I was shocked to see how many people from distant locales drove into central Oregon for Memorial Day Weekend! What happened to “Stay Home-Stay Safe?” How many of those people shared their coronavirus germs with this region over that weekend? I guess we’ll see what happens to the tally of cases over the next week or two and get some indication that way.

People, please do wear a mask when you go into a public place!

Kathryn Johnson

To the Editor:

Governor Andrew Cuomo’s almost-daily admonition to his New York citizens is: “Wear a mask. It’s the smart and right thing to do.” With the tragic worldwide pandemic virus ever present among us, this admonition clearly applies to the citizens of the Sisters community.

This responsibility is all the more needed while patronizing our local stores which have the good fortune of remaining open for business during this crisis.
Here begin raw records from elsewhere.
-- ===== src/Persistence/Belonging.antt =====
-- What a save or a snapshot that is read for a scenario is like, in
-- crates/crownline_core/src/persistence.rs.
use crownline.Prelude.{
  ℕ, ◌≡◌, refl, Bool-cases, inl, inr, false, List, [], ◌∷◌, arith, nat_beq, string_eq, String,
  Option, none, ok, ◌>>◌, any, map_err, map_err-eq-ok, map_err-Ensures, >>=-eq-ok, Ensures,
  >>=-Ensures, >>=-Ensures_any,
}
use crownline.Prelude.Map
use crownline.Scenario.Types.{ScenarioDefinition}
use crownline.Scenario.Errors.{ScenarioError}
use crownline.Scenario.Validate.{validate}
use crownline.Scenario.Sound.{Playable, validate-Playable}
use crownline.State.Types.{
  MatchState, MandatoryChoice, promote, place_pawn, TurnPhase, command, resolving_choices,
  PromotionEligibility, from_control,
}
use crownline.State.Errors.{invalid_scenario}
use crownline.State.Repetition.{StateHash, canonical_hash}
use crownline.State.Vision.{validate_exploration}
use crownline.Rules.Realm.{realm_control_score}
use crownline.Rules.Promotions.{
  pending, is_promotion, with_eligibility, check_batch, check_phase, validate_promotion_eligibility,
  migrate_promotion_eligibility,
}
use crownline.Persistence.Types.{
  save_format_version, SaveEnvelope, PersistenceError, malformed_json, state_failed, Json,
}
use crownline.Persistence.Envelope.{
  check_size, validate_save, declared_version, set_version_fields, validate_envelope_scenario,
  reject_legacy_fog_migration,
}
use crownline.Persistence.Reader.{
  migrate_value, read, check_against, migrate_state, read_format_one, read_with_scenario,
}
use crownline.Persistence.Integrity.{Intact, validate_save-Intact, read-Intact}

-- The scenario is playable and the named one, and the state passes its checks against it.
pub record Belongs (scenario : ScenarioDefinition) (scenario_id : String) (state : MatchState)
    : Type 0 where
  pub playable : Playable scenario
  pub named : scenario_id ≡ scenario.id
  pub eligible : validate_promotion_eligibility scenario state ≡ ok tt
  pub explored : validate_exploration scenario state ≡ ok tt

check_batch-none :
    (scenario : ScenarioDefinition) (queue : List MandatoryChoice)
    (batch : Option PromotionEligibility)
    → any is_promotion queue ≡ false
    → check_batch scenario queue batch ≡ ok tt
unfolding check_batch
check_batch-none scenario [] batch h = refl
check_batch-none scenario (place_pawn index squares ∷ rest) batch h =
    check_batch-none scenario rest batch h
check_batch-none scenario (promote piece index eligibility ∷ rest) batch h = cc

check_phase-none :
    (scenario : ScenarioDefinition) (phase : TurnPhase)
    → any is_promotion (pending phase) ≡ false
    → check_phase scenario phase ≡ ok tt
check_phase-none scenario command h = refl
check_phase-none scenario (resolving_choices queue) h = check_batch-none scenario queue none h

validate_promotion_eligibility-none :
    (scenario : ScenarioDefinition) (state : MatchState)
    → any is_promotion (pending state.phase) ≡ false
    → validate_promotion_eligibility scenario state ≡ ok tt
unfolding validate_promotion_eligibility
validate_promotion_eligibility-none scenario state idle = check_phase-none scenario state.phase idle

-- A migrated state has the eligibility that the check asks for.
migrate_promotion_eligibility-valid :
    (scenario : ScenarioDefinition) (state : MatchState)
    → Ensures
        (λ migrated. validate_promotion_eligibility scenario migrated ≡ ok tt)
        (migrate_promotion_eligibility scenario state)
unfolding migrate_promotion_eligibility
migrate_promotion_eligibility-valid scenario state =
    let P : MatchState → Type 0 =
      λ migrated. validate_promotion_eligibility scenario migrated ≡ ok tt in
    elim (Bool-cases (any is_promotion (pending state.phase))) [
      | inl waiting ↦ rw waiting (
          >>=-Ensures_any P (realm_control_score scenario state state.active_player) _ λ control _.
            checked (record state {
              phase = resolving_choices (
                  with_eligibility (from_control control scenario.rules.promotion_unlocks)
                    (pending state.phase));
            }))
      | inr idle ↦ rw idle (validate_promotion_eligibility-none scenario state idle)
    ]
  where
    checked :
        (migrated : MatchState)
        → Ensures
            (λ m. validate_promotion_eligibility scenario m ≡ ok tt)
            (validate_promotion_eligibility scenario migrated >> ok migrated)
    checked migrated =
        >>=-Ensures_any (λ m. validate_promotion_eligibility scenario m ≡ ok tt)
          (validate_promotion_eligibility scenario migrated) (λ _. ok migrated) λ _ valid. valid

validate_envelope_scenario-named :
    (scenario_id : String) (scenario : ScenarioDefinition)
    → validate_envelope_scenario scenario_id scenario ≡ ok tt
    → Playable scenario × (scenario_id ≡ scenario.id)
unfolding validate_envelope_scenario
validate_envelope_scenario-named scenario_id scenario h =
    let invalid : List ScenarioError → PersistenceError =
      λ errors. state_failed (invalid_scenario errors) in
    let (_, valid, named) = >>=-eq-ok (map_err (validate scenario) invalid) _ h in
    (
      validate-Playable scenario (map_err-eq-ok _ invalid (ground (arith, valid))),
      ground (arith, named, string_eq.beq_iff scenario_id scenario.id),
    )

pub check_against-Belongs :
    (scenario : ScenarioDefinition) (scenario_id : String) (state : MatchState)
    → check_against scenario scenario_id state ≡ ok tt
    → Belongs scenario scenario_id state
unfolding check_against
check_against-Belongs scenario scenario_id state h =
    let (_, known, h1) = >>=-eq-ok (validate_envelope_scenario scenario_id scenario) _ h in
    let (_, eligible, explored) =
      >>=-eq-ok (map_err (validate_promotion_eligibility scenario state) state_failed) _ h1 in
    let (playable, named) = validate_envelope_scenario-named scenario_id scenario known in
    record {
      playable = playable;
      named = named;
      eligible = map_err-eq-ok _ state_failed eligible;
      explored = map_err-eq-ok _ state_failed explored;
    }

pub migrate_state-Belongs :
    (json : Json) (state_hash : StateHash) (scenario : ScenarioDefinition) (source : ℕ)
    (scenario_id : String) (state : MatchState)
    → Ensures
        (λ m. Belongs scenario scenario_id m.0)
        (migrate_state json state_hash scenario source scenario_id state)
unfolding migrate_state
migrate_state-Belongs json state_hash scenario source scenario_id state =
    let P : MatchState × String → Type 0 = λ m. Belongs scenario scenario_id m.0 in
    >>=-Ensures_any P (validate_envelope_scenario scenario_id scenario) _ λ _ known.
      >>=-Ensures (λ m. validate_promotion_eligibility scenario m ≡ ok tt) P _ _
        (map_err-Ensures (λ m. validate_promotion_eligibility scenario m ≡ ok tt) _ _
          (migrate_promotion_eligibility-valid scenario state))
        λ migrated eligible.
          >>=-Ensures_any P (map_err (validate_exploration scenario migrated) state_failed) _
            λ _ explored.
              >>=-Ensures_any P (map_err (canonical_hash state_hash migrated) state_failed) _
                λ written _.
                  let (playable, named) =
                    validate_envelope_scenario-named scenario_id scenario known in
                  record {
                    playable = playable;
                    named = named;
                    eligible = eligible;
                    explored = map_err-eq-ok _ state_failed explored;
                  }

-- A save that is intact and belongs to the scenario.
abbrev pub Fits : StateHash → ScenarioDefinition → SaveEnvelope → Type 0
Fits state_hash scenario e = Intact state_hash e × Belongs scenario e.scenario_id e.state

read_format_one-Fits :
    (json : Json) (state_hash : StateHash) (scenario : ScenarioDefinition) (source : ℕ)
    (value : json.Value)
    → Ensures (Fits state_hash scenario) (read_format_one json state_hash scenario source value)
unfolding read_format_one
read_format_one-Fits json state_hash scenario source value =
    let P = Fits state_hash scenario in
    >>=-Ensures_any P (reject_legacy_fog_migration source scenario) _ λ _ _.
      >>=-Ensures_any P (set_version_fields json value save_format_version) _ λ current _.
        >>=-Ensures_any P (map_err (json.save_of current) malformed_json) _ λ legacy _.
          >>=-Ensures (λ m. Belongs scenario legacy.scenario_id m.0) P _ _
            (migrate_state-Belongs json state_hash scenario source legacy.scenario_id legacy.state)
            λ migrated belongs.
              let e : SaveEnvelope = record legacy {
                state = migrated.0;
                state_hash = migrated.1;
              } in
              >>=-Ensures_any P (validate_save state_hash e) _
                λ _ valid. (validate_save-Intact state_hash e valid, belongs)

-- Without migrations a save of another format is refused.
read-refused :
    (json : Json) (state_hash : StateHash) (bytes : List ℕ) (value : json.Value) (source : ℕ)
    (P : SaveEnvelope → Type 0)
    → json.parse bytes ≡ ok value
    → declared_version json value ≡ ok source
    → nat_beq source save_format_version ≡ false
    → Ensures P (read json state_hash (record { migrations = [] }) bytes)
unfolding read migrate_value Map.get
read-refused json state_hash bytes value source P parsed declared other =
    >>=-Ensures_any P (check_size bytes) _ λ _ _. rw (parsed, declared, other) tt

-- A save that is read for a scenario, by a reader without migrations of its own, is intact, its
-- scenario is playable, and its state passes the checks of its promotions and of its exploration
-- against that scenario, also where it was migrated from format 1.
pub read_with_scenario-Fits :
    (json : Json) (state_hash : StateHash) (bytes : List ℕ) (scenario : ScenarioDefinition)
    → Ensures
        (Fits state_hash scenario)
        (read_with_scenario json state_hash (record { migrations = [] }) bytes scenario)
unfolding read_with_scenario
read_with_scenario-Fits json state_hash bytes scenario =
    let P = Fits state_hash scenario in
    >>=-Ensures_any P (check_size bytes) _ λ _ _.
      >>=-Ensures_any P (map_err (json.parse bytes) malformed_json) _ λ value parsed.
        >>=-Ensures_any P (declared_version json value) _ λ source declared.
          elim (Bool-cases (nat_beq source save_format_version)) [
            | inl present ↦ rw present (
                >>=-Ensures (Intact state_hash) P _ _
                  (read-Intact json state_hash (record { migrations = [] }) bytes)
                  λ e intact.
                    >>=-Ensures_any P (check_against scenario e.scenario_id e.state) _ λ _ checked.
                      (intact, check_against-Belongs scenario e.scenario_id e.state checked))
            | inr other ↦ elim (Bool-cases (nat_beq source 1)) [
              | inl first ↦
                  rw (other, first) (read_format_one-Fits json state_hash scenario source value)
              | inr later ↦
                  rw (other, later)
                    (read-refused json state_hash bytes value source P
                      (map_err-eq-ok _ malformed_json parsed) declared other)
            ]
          ]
However, during numerous visits to some of our local merchants these past days, it has been distressful and agonizing to observe the cavalier attitude of some of these merchants and their helpers failing to wear any kind of face covering.

I am disdainful of confrontation and have restrained from a polite comment asking them to be responsible and wear a mask. These merchants should realize the mask is for their protection and for the protection their customers. Further, we have a sizable senior citizen population whose vulnerability is exacerbated by this thoughtless type of conduct. To our much needed and hard working merchants of Sisters: Don those masks!

Wayne Carter

To the Editor:

I am putting in a plea to the Chamber of Commerce to quickly organize some kind of July 4th parade through downtown Sisters with all the trappings of a Rodeo parade and more.

We need some kind of celebration during this period of time. Everything of any fun has been canceled.

Let’s not give up on fun for young and old alike. We need the stimulation and the merchants need business.

This will just be for us Sisters folks not for the tourists.